Natürlich kann ich die Passagen umstellen sodass die IDE nicht meckert. Aber ist das ein bekannter Bug? Ist die "Rule Switch" Funktion noch so neu das solche Codeprüfungsbugs noch vorkommen? Ich hatte gehofft die Projekt Version auf JKD14 umstellen zu können ohne jedes einzelne Switch neu debuggen zu müssen. 

[CODE lang="java" title="Nur die Zeile 11 und 12 werden als 'Zuweisung unbenutzt' bemängelt" highlight="11,12"]
iWidth = tempIcon.getIconWidth();
iHeight = tempIcon.getIconHeight();
switch(eMode) {
    case widthFixed -> {
        fScaleFactor = (float)iFixedWidth / (float)iWidth;
        iWidth = iFixedWidth;
        iHeight = Math.round(iHeight * fScaleFactor);
    }
    case heightFixed -> {
        fScaleFactor = (float)iFixedHeight / (float)iHeight;
        iWidth = Math.round(iWidth * fScaleFactor);
        iHeight = iFixedHeight;
    }
    case bothFixed -> {
        iWidth = iFixedWidth;
        iHeight = iFixedHeight;
    }
    default -> {
    }
}
tempIcon = new ImageIcon(tempIcon.getImage().getScaledInstance(iWidth, iHeight, Image.SCALE_SMOOTH));
[/CODE]


----------



## mrBrown (26. Feb 2021)

SuperPCFan hat gesagt.:


> Aber ist das ein bekannter Bug?
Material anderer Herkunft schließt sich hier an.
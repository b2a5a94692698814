-- ===== src/GameBoy/Apu/Units.antt =====
-- cores/gameboy/gameboy.cpp: envelopes, length counters, the sweep and the frame sequencer.
use proto_time.Base.{
  ℕ, ◌+◌, ◌-◌, ◌%◌, Bool, false, not, ◌&&◌, ◌||◌, ltb, ◌==◌, if◌then◌else◌, length,
}
use proto_time.Base.Bits.{low_bits, shr}
use proto_time.GameBoy.Apu.State.{
  Pulse, Wave, Noise, Apu, Sound, pulse_timer_period, update_apu_status_register,
}

-- The timer and the volume that a tick leaves.
unfoldable pub tick_apu_envelope : Bool → Bool → ℕ → ℕ → ℕ → ℕ × ℕ
tick_apu_envelope on increase period timer volume =
    if not on || (period == 0)
    then (timer, volume)
    else if not (timer - 1 == 0)
    then (timer - 1, volume)
    else if increase
    then (period, (if ltb volume 15 then volume + 1 else volume))
    else (period, volume - 1)

unfoldable pub tick_pulse_envelope : Pulse → Pulse
tick_pulse_envelope p =
    let ticked =
      tick_apu_envelope p.enabled p.envelope_increase p.envelope_period p.envelope_timer p.volume in
    record p { envelope_timer = ticked.0; volume = ticked.1 }

unfoldable pub tick_noise_envelope : Noise → Noise
tick_noise_envelope n =
    let ticked =
      tick_apu_envelope n.noise_on n.noise_increase n.noise_period n.noise_envelope_timer
        n.noise_volume in
    record n { noise_envelope_timer = ticked.0; noise_volume = ticked.1 }

-- Whether a length counter counts, and whether it runs out in this tick.
abbrev pub counts : Bool → Bool → ℕ → Bool
counts on length_on length = (on && length_on) && ltb 0 length

abbrev pub runs_out : Bool → Bool → ℕ → Bool
runs_out on length_on length = counts on length_on length && (length - 1 == 0)

unfoldable pub tick_pulse_length : Pulse → Pulse
tick_pulse_length p =
    if runs_out p.enabled p.length_enabled p.length_counter
    then record p { length_counter = 0; enabled = false }
    else if counts p.enabled p.length_enabled p.length_counter
    then record p { length_counter = p.length_counter - 1 }
    else p

unfoldable pub tick_wave_length : Wave → Wave
tick_wave_length w =
    if runs_out w.wave_on w.wave_length_enabled w.wave_length
    then record w { wave_length = 0; wave_on = false }
    else if counts w.wave_on w.wave_length_enabled w.wave_length
    then record w { wave_length = w.wave_length - 1 }
    else w

unfoldable pub tick_noise_length : Noise → Noise
tick_noise_length n =
    if runs_out n.noise_on n.noise_length_enabled n.noise_length
    then record n { noise_length = 0; noise_on = false }
    else if counts n.noise_on n.noise_length_enabled n.noise_length
    then record n { noise_length = n.noise_length - 1 }
    else n

-- `changed` of `tickApuLengthCounters`.
unfoldable pub lengths_run_out : Apu → Bool
lengths_run_out a =
    runs_out a.pulse1.enabled a.pulse1.length_enabled a.pulse1.length_counter
    || runs_out a.pulse2.enabled a.pulse2.length_enabled a.pulse2.length_counter
    || runs_out a.wave.wave_on a.wave.wave_length_enabled a.wave.wave_length
    || runs_out a.noise.noise_on a.noise.noise_length_enabled a.noise.noise_length

unfoldable pub ticked_lengths : Apu → Apu
ticked_lengths a = record a {
  pulse1 = tick_pulse_length a.pulse1;
  pulse2 = tick_pulse_length a.pulse2;
  wave = tick_wave_length a.wave;
  noise = tick_noise_length a.noise;
}

unfoldable pub tick_apu_length_counters : Sound → Sound
tick_apu_length_counters s =
    let t = record s { apu = ticked_lengths s.apu } in
    if lengths_run_out s.apu then update_apu_status_register t else t

-- The frequency that the sweep goes to, and whether it leaves the range: below 0 or above 2047.
abbrev pub swept_frequency : Pulse → ℕ
swept_frequency p =
    let delta = shr p.sweep_shift p.shadow_frequency in
    if p.sweep_negate then p.shadow_frequency - delta else p.shadow_frequency + delta

abbrev pub sweep_out_of_range : Pulse → Bool
sweep_out_of_range p =
    (p.sweep_negate && ltb p.shadow_frequency (shr p.sweep_shift p.shadow_frequency))
    || ltb 2047 (swept_frequency p)

abbrev pub disabled : Pulse → Pulse
disabled p = record p { enabled = false }

-- The new frequency, and the second test for what the next sweep would reach.
unfoldable pub sweep_to : ℕ → Pulse → Pulse
sweep_to next p =
    let q = record p {
      shadow_frequency = next;
      frequency = next;
      timer = pulse_timer_period next;
    } in
    if not p.sweep_negate && ltb 2047 (low_bits 16 (next + shr p.sweep_shift next))
    then disabled q
    else q

abbrev pub with_pulse1 : Sound → Pulse → Sound
with_pulse1 s p = record s { apu = record s.apu { pulse1 = p } }

-- The sweep at the end of its timer, which has been loaded anew.
unfoldable pub sweep_now : Sound → Pulse → Sound
sweep_now s p =
    if p.sweep_period == 0
    then with_pulse1 s p
    else if sweep_out_of_range p
    then update_apu_status_register (with_pulse1 s (disabled p))
    else if p.sweep_shift == 0
    then with_pulse1 s p
    else update_apu_status_register (with_pulse1 s (sweep_to (low_bits 16 (swept_frequency p)) p))

unfoldable pub tick_apu_sweep : Sound → Sound
tick_apu_sweep s =
    let p = s.apu.pulse1 in
    if not p.has_sweep || not p.enabled || not p.sweep_enabled
    then s
    else if not (p.sweep_timer - 1 == 0)
    then with_pulse1 s (record p { sweep_timer = p.sweep_timer - 1 })
    else sweep_now s (record p { sweep_timer = if p.sweep_period == 0 then 8 else p.sweep_period })

unfoldable pub ticked_envelopes : Apu → Apu
ticked_envelopes a = record a {
  pulse1 = tick_pulse_envelope a.pulse1;
  pulse2 = tick_pulse_envelope a.pulse2;
  noise = tick_noise_envelope a.noise;
}

unfoldable pub tick_envelopes : Sound → Sound
tick_envelopes s = record s { apu = ticked_envelopes s.apu }

unfoldable pub next_sequencer_step : Sound → Sound
next_sequencer_step s = record s {
  apu = record s.apu { frame_sequencer_step = low_bits 3 (s.apu.frame_sequencer_step + 1) };
}

unfoldable pub step_apu_frame_sequencer : Sound → Sound
step_apu_frame_sequencer s =
    let step = s.apu.frame_sequencer_step in
    let lengths = if step % 2 == 0 then tick_apu_length_counters s else s in
    let sweep = if (step == 2) || (step == 6) then tick_apu_sweep lengths else lengths in
    let envelopes = if step == 7 then tick_envelopes sweep else sweep in
    next_sequencer_step envelopes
Ist die "Rule Switch" Funktion noch so neu das solche Codeprüfungsbugs noch vorkommen?


Sieht nach nem Bug in Netbeans aus, nutzt du die neuste Version?




SuperPCFan hat gesagt.:


> Ich hatte gehofft die Projekt Version auf JKD14 umstellen zu können ohne jedes einzelne Switch neu debuggen zu müssen.


Naja, du machst ja mehr als nur die Version umstellen, und jedes Refactoring sollte von Tests abgedeckt sein


----------



## SuperPCFan (26. Feb 2021)

Ja, ist die aktuelle Version. Der IDE-Updater sagt es gibt nichts neueres als Apache NetBeans IDE 12.0

Die Software ist noch...oder wieder...in der Testphase. Ich hatte nur gehofft nicht _*jedes*_ Switch einzeln neu überprüfen zu müssen. 
Geschätzt werden etwa alleine 20% der "Switch" Passagen nach der Umstellung von der IDE mit diesem Fehler bemängelt der keiner zu sein scheint.


----------



## mrBrown (26. Feb 2021)

Naja, änder den Code einfach nicht, wenn du den nicht überprüfen willst?
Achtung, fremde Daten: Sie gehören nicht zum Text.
-- ===== src/GameBoy/MemoryMap/Windows.antt =====
-- The ROM windows mirror the banks of the mapper, through every write.
use proto_time.Base.{
  ℕ, zero, suc, ◌+◌, ◌-◌, ◌*◌, ◌%◌, ◌^◌, ◌≡◌, refl, true, [], ◌∷◌, ◌≤◌, if◌then◌else◌, none, some,
  arith, set, length, if-keeps, between, ltb,
}
use proto_time.GameBoy.Mapper.{
  GameBoyMapper, ram_write, current_fixed_rom_bank, copy_rom_bank_window,
}
use proto_time.GameBoy.Mapper
use proto_time.GameBoy.Mapper.Notify.{
  write-SameRom, copy-SameRom, bank_change_reported, ram_write-banks,
}
use proto_time.GameBoy.MemoryMap.State.{
  MemoryMap, RomWindow, install_rom_window, set_io_register_raw, resolve_echo_address,
}
use proto_time.GameBoy.MemoryMap.Access.{
  read_raw, dma_from, perform_oam_dma, write_io, write_high, write_raw, write_external,
  refresh_windows, write_mapper, write_other, handle_special_write, write,
}

abbrev shown : GameBoyMapper → ℕ → RomWindow
shown mapper bank = record { bytes = copy_rom_bank_window mapper bank 0x4000; active = true }

-- The memory map shows the two banks of this mapper.
pub record Shows (m : MemoryMap) (mapper : GameBoyMapper) : Type 0 where
  pub attached : m.mapper ≡ some mapper
  pub fixed : m.rom_window_0000 ≡ record {
    bytes = copy_rom_bank_window mapper (current_fixed_rom_bank mapper) 0x4000;
    active = true;
  }
  pub switchable : m.rom_window_4000 ≡ record {
    bytes = copy_rom_bank_window mapper mapper.effective_rom_bank 0x4000;
    active = true;
  }

-- The mapping of ROM is the same.
abbrev pub SameMapping : MemoryMap → MemoryMap → Type 0
SameMapping m n =
    (n.mapper ≡ m.mapper)
    × (n.rom_window_0000 ≡ m.rom_window_0000)
    × (n.rom_window_4000 ≡ m.rom_window_4000)

dma_from-SameMapping : (m : MemoryMap) (source i n : ℕ) → SameMapping m (dma_from m source i n)
unfolding dma_from
dma_from-SameMapping m source i zero = (refl, refl, refl)
dma_from-SameMapping m source i (suc n) =
    dma_from-SameMapping (record m { oam = set m.oam i (read_raw m ((source + i) % 2 ^ 16)) })
      source (i + 1) n

write_io-SameMapping : (m : MemoryMap) (a v : ℕ) → SameMapping m (write_io m a v)
unfolding write_io perform_oam_dma
write_io-SameMapping m a v =
    let stored = record m { io_regs = set m.io_regs (a - 0xff00) v } in
    ground (arith, dma_from-SameMapping stored (v * 2 ^ 8) 0 (length stored.oam))

write_high-SameMapping : (m : MemoryMap) (a v : ℕ) → SameMapping m (write_high m a v)
unfolding write_high
write_high-SameMapping m a v = ground (arith, write_io-SameMapping m a v)

write_raw-SameMapping : (m : MemoryMap) (a v : ℕ) → SameMapping m (write_raw m a v)
unfolding write_raw
write_raw-SameMapping m a v = ground (arith, write_high-SameMapping m a v)

SameMapping-Shows :
    {m n : MemoryMap} {mapper : GameBoyMapper} → SameMapping m n → Shows m mapper → Shows n mapper
SameMapping-Shows s h = ground arith

write_mapper-Shows :
    {m : MemoryMap} (mapper : GameBoyMapper) (a v : ℕ)
    → Shows m mapper
    → Shows (write_mapper m mapper a v).0 (Mapper.write mapper a v).0
unfolding write_mapper refresh_windows install_rom_window
write_mapper-Shows {m} mapper a v h =
    let after = (Mapper.write mapper a v).0 in
    ground (
      arith,
      write-SameRom mapper a v,
      bank_change_reported mapper a v,
      copy-SameRom mapper after mapper.effective_rom_bank 0x4000,
      copy-SameRom mapper after (current_fixed_rom_bank mapper) 0x4000,
    )

ram_write-Shows :
    {m : MemoryMap} (mapper : GameBoyMapper) (a v : ℕ)
    → Shows m mapper
    → Shows
        (record m { mapper = some (ram_write mapper a (v ∷ [])).0 })
        (ram_write mapper a (v ∷ [])).0
ram_write-Shows {m} mapper a v h =
    let after = (ram_write mapper a (v ∷ [])).0 in
    ground (
      arith,
      ram_write-banks mapper a (v ∷ []),
      copy-SameRom mapper after mapper.effective_rom_bank 0x4000,
      copy-SameRom mapper after (current_fixed_rom_bank mapper) 0x4000,
    )

-- The mapper after a write to external RAM.
after_external : MemoryMap → GameBoyMapper → ℕ → ℕ → GameBoyMapper
after_external m mapper a v = elim m.cartridge [
  | none ↦ (ram_write mapper a (v ∷ [])).0
  | some c ↦ mapper
]

write_external-Shows :
    {m : MemoryMap} (mapper : GameBoyMapper) (a v : ℕ)
    → Shows m mapper
    → Shows (write_external m a v).0 (after_external m mapper a v)
unfolding write_external after_external
write_external-Shows {m} mapper a v h = ground (arith, ram_write-Shows mapper a v h)

-- The mapper after a write that the memory map takes at a resolved address.
after_special : MemoryMap → GameBoyMapper → ℕ → ℕ → GameBoyMapper
after_special m mapper a v =
    if ltb a 0x8000
    then (Mapper.write mapper a v).0
    else if between 0xa000 0xc000 a
    then after_external m mapper a v
    else mapper

write_other-Shows :
    {m : MemoryMap} (mapper : GameBoyMapper) (a v : ℕ)
    → 0x8000 ≤ a
    → Shows m mapper
    → Shows (write_other m a v).0 (after_special m mapper a v)
unfolding write_other after_special set_io_register_raw
write_other-Shows {m} mapper a v k h = ground (arith, write_external-Shows mapper a v h)

handle_special_write-Shows :
    {m : MemoryMap} (mapper : GameBoyMapper) (a v : ℕ)
    → Shows m mapper
    → Shows (handle_special_write m a v).0 (after_special m mapper a v)
unfolding handle_special_write after_special
handle_special_write-Shows {m} mapper a v h =
    ground (arith, write_other-Shows {m = m} mapper a v, write_mapper-Shows mapper a v h)

-- Whatever byte a program writes, and wherever: if the two ROM windows show the banks that the mapper
-- selects, they do so afterwards, for the mapper as the write leaves it.
pub write-Shows :
    {m : MemoryMap} (mapper : GameBoyMapper) (address value : ℕ)
    → Shows m mapper
    → (mapper' : GameBoyMapper) × Shows (write m address value) mapper'
unfolding write
write-Shows {m} mapper address value h =
    let a = resolve_echo_address address in
    let special = handle_special_write-Shows mapper a value h in
    let (n, handled) = handle_special_write m a value in
    (
      after_special m mapper a value,
      if-keeps (λ n. Shows n (after_special m mapper a value)) handled special
          (SameMapping-Shows (write_raw-SameMapping n a value) special),
    )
Oder seh es als sehr deutlichen Hinweis, dass du automatisierte Tests bräuchtest


----------



## SuperPCFan (26. Feb 2021)

Das Problem ist, das die IDE auch meckert wenn ich den Code nicht ändere 
weil die IDE findet das "Rule Switch" viel besser sind als die alten "Switch".
Egal was ich mache, die IDE meckert....Autotest wären echt toll....


----------



## LimDul (26. Feb 2021)

Man kann doch mit Sicherheit die Warnings deaktivieren (ist auch nicht ideal, aber besser als zu viele falsche)


----------



## SuperPCFan (26. Feb 2021)

Hatte ich auch schon dran gedacht.
Ist wohl tatsächlich der beste Weg. Danke
Ich werde den Bug dann mal melden....oder auch nicht...anscheinend funktioniert der "Report-Issue-Knopf" nur mit Microsoft Edge


----------



## SuperPCFan (27. Feb 2021)

Die IDE wird mir gerade immer unsympathischer. 
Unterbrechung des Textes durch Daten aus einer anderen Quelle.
-- ===== src/GameBoy/MemoryMap/Tests.antt =====
-- Runs of the memory map, and each theorem at a map that meets its hypotheses.
use proto_time.Base.{
  ℕ, ◌+◌, ◌*◌, ◌≡◌, refl, true, false, [], ◌∷◌, none, some, arith, length, get_or, filled,
  length-filled, if◌then◌else◌, ◌==◌,
}
use proto_time.GameBoy.Cartridge.Header.{mbc1}
use proto_time.GameBoy.Mapper.{GameBoyMapper, current_fixed_rom_bank, copy_rom_bank_window}
use proto_time.GameBoy.MemoryMap.State.{MemoryMap, RomWindow, HasSizes, resolve_echo_address}
use proto_time.GameBoy.MemoryMap.Access.{read_raw, read, write}
use proto_time.GameBoy.MemoryMap.CodeView.{
  peek_executable_byte, boot_view, checked_code_view, checked_code_view_lem,
}
use proto_time.GameBoy.MemoryMap.Windows.{Shows, write-Shows}
use proto_time.GameBoy.MemoryMap.RamLaws.{bus_read-write}
use proto_time.GameBoy.MemoryMap.Dma.{oam_dma}
use proto_time.Base.Outcome.{done}
use proto_time.GameBoy.MemoryMap.State.{no_window}
use proto_time.GameBoy.MemoryMap.Save.{import_state, export_state}
use proto_time.GameBoy.MemoryMap.SaveRoundTrip.{IsSaved, memory_map_import-export}

abbrev mapper : GameBoyMapper
mapper = record {
  mapper_type = mbc1;
  rom_data = 5 ∷ 6 ∷ [];
  rom_size = 2;
  rom_bank_count = 64;
  external_ram_size = 0;
  external_ram = [];
  rom_bank_low = 3;
  effective_rom_bank = 3;
  ram_bank_select = 0;
  ram_bank_mode = 0;
  ram_enabled = false;
  dirty = false;
  has_battery = false;
}

abbrev window : ℕ → RomWindow
window bank = record { bytes = copy_rom_bank_window mapper bank 0x4000; active = true }

abbrev map : MemoryMap
map = record {
  vram = filled 0x2000 1;
  wram = filled 0x2000 2;
  oam = filled 0xa0 3;
  io_regs = filled 0x80 4;
  hram = filled 0x80 5;
  boot_rom = 49 ∷ 254 ∷ 255 ∷ [];
  boot_rom_active = true;
  rom_window_0000 = window 0;
  rom_window_4000 = window 3;
  mapper = some mapper;
  cartridge = none;
}

map-HasSizes : HasSizes map
map-HasSizes = record {
  vram_size = length-filled 0x2000 1;
  wram_size = length-filled 0x2000 2;
  oam_size = length-filled 0xa0 3;
  io_size = length-filled 0x80 4;
  hram_size = length-filled 0x80 5;
}

checked_code_view_lem_example :
    (length {A = ℕ} (254 ∷ 255 ∷ []) ≡ 2)
    × (peek_executable_byte map (1 + 1) ≡ some (get_or (254 ∷ 255 ∷ []) 1 0xff))
checked_code_view_lem_example =
    checked_code_view_lem map 1 2 1 (254 ∷ 255 ∷ []) map-HasSizes
      (unfold checked_code_view boot_view in refl) (omega arith)

fixed_bank_zero : current_fixed_rom_bank mapper ≡ 0
unfolding current_fixed_rom_bank
fixed_bank_zero = refl

map-Shows : Shows map mapper
map-Shows = record { attached = refl; fixed = rw fixed_bank_zero refl; switchable = refl }

write-Shows_example : (mapper' : GameBoyMapper) × Shows (write map 0x2000 7) mapper'
write-Shows_example = write-Shows mapper 0x2000 7 map-Shows

bus_read-write_example :
    read (write map 0xe005 77) 0xc005
    ≡ (if resolve_echo_address 0xc005 == resolve_echo_address 0xe005 then 77 else read map 0xc005)
bus_read-write_example =
    bus_read-write map 0xe005 77 0xc005 map-HasSizes (omega arith) refl (omega arith)

oam_dma_example : get_or (write map 0xff46 0xc1).oam 17 0xff ≡ read_raw map (0xc1 * 256 + 17)
oam_dma_example = oam_dma map 0xc1 17 map-HasSizes (omega arith) (omega arith)

-- The map without ROM windows.
abbrev plain_map : MemoryMap
plain_map = record map { rom_window_0000 = no_window; rom_window_4000 = no_window }

plain_map-IsSaved : IsSaved plain_map
plain_map-IsSaved = record {
  sizes = record {
    vram_size = length-filled 0x2000 1;
    wram_size = length-filled 0x2000 2;
    oam_size = length-filled 0xa0 3;
    io_size = length-filled 0x80 4;
    hram_size = length-filled 0x80 5;
  };
  boot_size = omega arith;
  boot_there = refl;
  window_0000 = record { size_shown = λ h. ground arith; empty_hidden = λ _. refl };
  window_4000 = record { size_shown = λ h. ground arith; empty_hidden = λ _. refl };
}

memory_map_import-export_example :
    import_state map (export_state plain_map)
    ≡ done (record plain_map { mapper = some mapper; cartridge = none })
memory_map_import-export_example =
    memory_map_import-export plain_map map plain_map-IsSaved map-HasSizes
Ich habe nochmal manuell die Version überprüft. Es gibt inwischen 12.2.....das scheint der IDE internen Updateprüfung aber herzlich egal zu sein.

Nachdem ich auf Version 12.2 upgedated habe, bemängelt die IDE jetzt Fehler in ihrem selbsterstellten (und für mich gesperrten) Code Passagen....

Dafür ist aber der Rule Switch Bug behoben.


----------



## kneitzel (27. Feb 2021)

SuperPCFan hat gesagt.:


> Ich habe nochmal manuell die Version überprüft. Es gibt inwischen 12.2.....das scheint der IDE internen Updateprüfung aber herzlich egal zu sein.


Das ist aber einfach zu erklären. 12 war die LTS Version. Die folgt nicht jedem Update. 12.2 ist die non LTS Version.

Somit ist da aus meiner Sicht erst einmal der IDE nichts vorzuwerfen.

Was die anderen Probleme angeht; Denen müsste man im Detail nachgehen. Kann sein, dass da in der IDE etwas schief läuft, aber ich würde mich auch nicht wundern, wenn da im Projekt einfach nur etwas falsch wäre. Aber von Netbeans bin ich auch kein Fan und daher kann ich da im Detail auch nichts zu sagen.


----------